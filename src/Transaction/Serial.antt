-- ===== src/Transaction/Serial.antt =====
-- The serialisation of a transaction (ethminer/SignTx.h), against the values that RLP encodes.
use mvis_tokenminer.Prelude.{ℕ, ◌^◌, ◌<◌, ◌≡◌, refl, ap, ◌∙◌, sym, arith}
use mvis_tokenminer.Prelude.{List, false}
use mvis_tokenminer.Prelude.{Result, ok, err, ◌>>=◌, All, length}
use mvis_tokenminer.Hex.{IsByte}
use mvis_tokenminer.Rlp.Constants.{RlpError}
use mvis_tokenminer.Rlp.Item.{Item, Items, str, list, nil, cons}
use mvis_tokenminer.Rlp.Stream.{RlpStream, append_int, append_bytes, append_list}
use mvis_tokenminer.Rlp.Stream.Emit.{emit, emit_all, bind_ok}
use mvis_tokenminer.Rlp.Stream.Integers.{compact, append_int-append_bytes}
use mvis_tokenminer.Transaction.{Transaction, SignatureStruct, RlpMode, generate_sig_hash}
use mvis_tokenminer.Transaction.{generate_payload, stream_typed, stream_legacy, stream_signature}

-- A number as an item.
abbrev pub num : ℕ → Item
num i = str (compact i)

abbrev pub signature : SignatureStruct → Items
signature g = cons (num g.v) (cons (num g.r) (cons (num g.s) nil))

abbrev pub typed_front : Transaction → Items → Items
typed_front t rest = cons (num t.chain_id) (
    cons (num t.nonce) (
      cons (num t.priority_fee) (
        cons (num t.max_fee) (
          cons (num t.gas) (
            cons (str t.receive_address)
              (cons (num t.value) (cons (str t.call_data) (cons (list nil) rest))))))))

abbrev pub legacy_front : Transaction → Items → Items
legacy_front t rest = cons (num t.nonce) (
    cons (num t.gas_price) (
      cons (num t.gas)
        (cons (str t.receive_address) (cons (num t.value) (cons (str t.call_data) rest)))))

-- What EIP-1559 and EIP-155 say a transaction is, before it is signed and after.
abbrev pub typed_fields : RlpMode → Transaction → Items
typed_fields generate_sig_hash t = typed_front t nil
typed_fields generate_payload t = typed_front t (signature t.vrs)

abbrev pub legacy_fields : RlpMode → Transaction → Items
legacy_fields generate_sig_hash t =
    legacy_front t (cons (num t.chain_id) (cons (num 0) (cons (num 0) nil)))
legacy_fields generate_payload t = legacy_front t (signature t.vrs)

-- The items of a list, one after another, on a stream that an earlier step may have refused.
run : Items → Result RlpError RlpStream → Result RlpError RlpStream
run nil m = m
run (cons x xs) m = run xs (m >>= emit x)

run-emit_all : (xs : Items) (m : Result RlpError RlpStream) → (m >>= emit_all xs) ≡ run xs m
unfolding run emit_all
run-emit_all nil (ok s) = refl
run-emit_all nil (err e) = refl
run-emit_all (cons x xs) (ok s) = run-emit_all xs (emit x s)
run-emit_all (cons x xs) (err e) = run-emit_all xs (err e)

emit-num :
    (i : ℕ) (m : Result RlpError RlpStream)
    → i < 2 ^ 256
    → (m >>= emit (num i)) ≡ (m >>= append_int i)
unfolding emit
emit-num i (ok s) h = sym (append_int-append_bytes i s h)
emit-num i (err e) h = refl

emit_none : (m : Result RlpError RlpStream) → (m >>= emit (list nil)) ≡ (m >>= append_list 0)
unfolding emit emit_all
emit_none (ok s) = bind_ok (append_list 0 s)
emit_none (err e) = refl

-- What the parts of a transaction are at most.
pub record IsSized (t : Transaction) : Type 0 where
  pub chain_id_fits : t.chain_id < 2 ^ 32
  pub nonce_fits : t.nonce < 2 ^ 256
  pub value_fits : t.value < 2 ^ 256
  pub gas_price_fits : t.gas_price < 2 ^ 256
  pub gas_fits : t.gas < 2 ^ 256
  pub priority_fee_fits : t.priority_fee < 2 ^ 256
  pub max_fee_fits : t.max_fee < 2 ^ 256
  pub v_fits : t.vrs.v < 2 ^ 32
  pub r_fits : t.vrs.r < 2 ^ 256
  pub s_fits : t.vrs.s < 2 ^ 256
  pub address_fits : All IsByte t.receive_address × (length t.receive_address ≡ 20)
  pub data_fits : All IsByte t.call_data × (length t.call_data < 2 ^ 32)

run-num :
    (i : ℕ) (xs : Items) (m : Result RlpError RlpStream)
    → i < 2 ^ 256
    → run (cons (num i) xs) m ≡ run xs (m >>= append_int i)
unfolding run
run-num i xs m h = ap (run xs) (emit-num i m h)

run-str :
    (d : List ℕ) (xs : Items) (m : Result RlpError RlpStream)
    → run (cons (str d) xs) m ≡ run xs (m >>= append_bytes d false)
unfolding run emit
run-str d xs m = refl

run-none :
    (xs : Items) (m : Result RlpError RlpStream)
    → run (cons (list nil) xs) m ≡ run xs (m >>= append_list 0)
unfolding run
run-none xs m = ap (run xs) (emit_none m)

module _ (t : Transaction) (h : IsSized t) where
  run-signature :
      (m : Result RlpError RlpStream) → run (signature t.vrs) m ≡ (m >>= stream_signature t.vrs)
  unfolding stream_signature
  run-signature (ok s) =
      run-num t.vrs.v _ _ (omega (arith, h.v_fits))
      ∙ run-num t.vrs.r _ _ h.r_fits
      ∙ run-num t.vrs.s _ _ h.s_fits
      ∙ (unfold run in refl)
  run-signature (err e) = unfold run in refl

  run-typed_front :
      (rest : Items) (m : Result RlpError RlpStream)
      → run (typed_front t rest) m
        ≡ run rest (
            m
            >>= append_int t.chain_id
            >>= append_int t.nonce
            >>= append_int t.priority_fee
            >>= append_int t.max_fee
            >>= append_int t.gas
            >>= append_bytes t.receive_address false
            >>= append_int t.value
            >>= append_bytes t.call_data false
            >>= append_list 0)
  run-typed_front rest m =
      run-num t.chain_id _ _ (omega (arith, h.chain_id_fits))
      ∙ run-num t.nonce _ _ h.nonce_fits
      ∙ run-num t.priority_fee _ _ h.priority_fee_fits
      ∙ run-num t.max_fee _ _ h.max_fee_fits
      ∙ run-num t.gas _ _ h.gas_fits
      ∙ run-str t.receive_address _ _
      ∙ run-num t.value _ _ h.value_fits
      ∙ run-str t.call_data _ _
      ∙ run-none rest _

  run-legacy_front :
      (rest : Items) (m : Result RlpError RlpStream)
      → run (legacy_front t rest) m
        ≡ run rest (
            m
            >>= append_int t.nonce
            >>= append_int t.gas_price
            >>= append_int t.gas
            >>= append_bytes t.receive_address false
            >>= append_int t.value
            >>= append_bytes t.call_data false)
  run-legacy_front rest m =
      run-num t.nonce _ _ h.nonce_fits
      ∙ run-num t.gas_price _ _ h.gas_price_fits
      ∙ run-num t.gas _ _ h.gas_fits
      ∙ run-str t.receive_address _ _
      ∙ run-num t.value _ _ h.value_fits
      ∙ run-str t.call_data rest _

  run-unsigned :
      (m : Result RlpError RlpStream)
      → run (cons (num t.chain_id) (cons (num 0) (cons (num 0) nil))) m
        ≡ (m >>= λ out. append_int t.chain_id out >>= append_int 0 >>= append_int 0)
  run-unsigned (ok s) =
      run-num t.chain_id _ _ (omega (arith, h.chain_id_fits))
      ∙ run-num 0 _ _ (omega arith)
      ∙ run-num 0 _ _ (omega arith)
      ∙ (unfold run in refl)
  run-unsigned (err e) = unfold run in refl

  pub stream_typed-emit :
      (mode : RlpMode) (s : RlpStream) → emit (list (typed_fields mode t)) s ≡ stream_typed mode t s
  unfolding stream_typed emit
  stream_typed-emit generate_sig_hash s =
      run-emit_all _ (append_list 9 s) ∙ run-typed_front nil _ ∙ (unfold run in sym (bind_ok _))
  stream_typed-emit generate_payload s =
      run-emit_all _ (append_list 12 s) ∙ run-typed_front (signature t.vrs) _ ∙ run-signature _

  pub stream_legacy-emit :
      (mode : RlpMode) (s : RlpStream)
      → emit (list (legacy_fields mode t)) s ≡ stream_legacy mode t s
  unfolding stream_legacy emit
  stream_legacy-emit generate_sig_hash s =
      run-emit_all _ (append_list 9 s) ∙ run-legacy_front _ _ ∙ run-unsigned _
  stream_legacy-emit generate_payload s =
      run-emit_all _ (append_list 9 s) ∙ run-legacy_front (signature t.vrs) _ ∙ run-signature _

Assigned task: Above are records; repeat only the lines starting at the line with "pub nonce_fits : t.nonce < 2 ^ 256" and ending at the line with "pub r_fits : t.vrs.r < 2 ^ 256", exactly as they appear, both included.

Answer space:
  pub nonce_fits : t.nonce < 2 ^ 256
  pub value_fits : t.value < 2 ^ 256
  pub gas_price_fits : t.gas_price < 2 ^ 256
  pub gas_fits : t.gas < 2 ^ 256
  pub priority_fee_fits : t.priority_fee < 2 ^ 256
  pub max_fee_fits : t.max_fee < 2 ^ 256
  pub v_fits : t.vrs.v < 2 ^ 32
  pub r_fits : t.vrs.r < 2 ^ 256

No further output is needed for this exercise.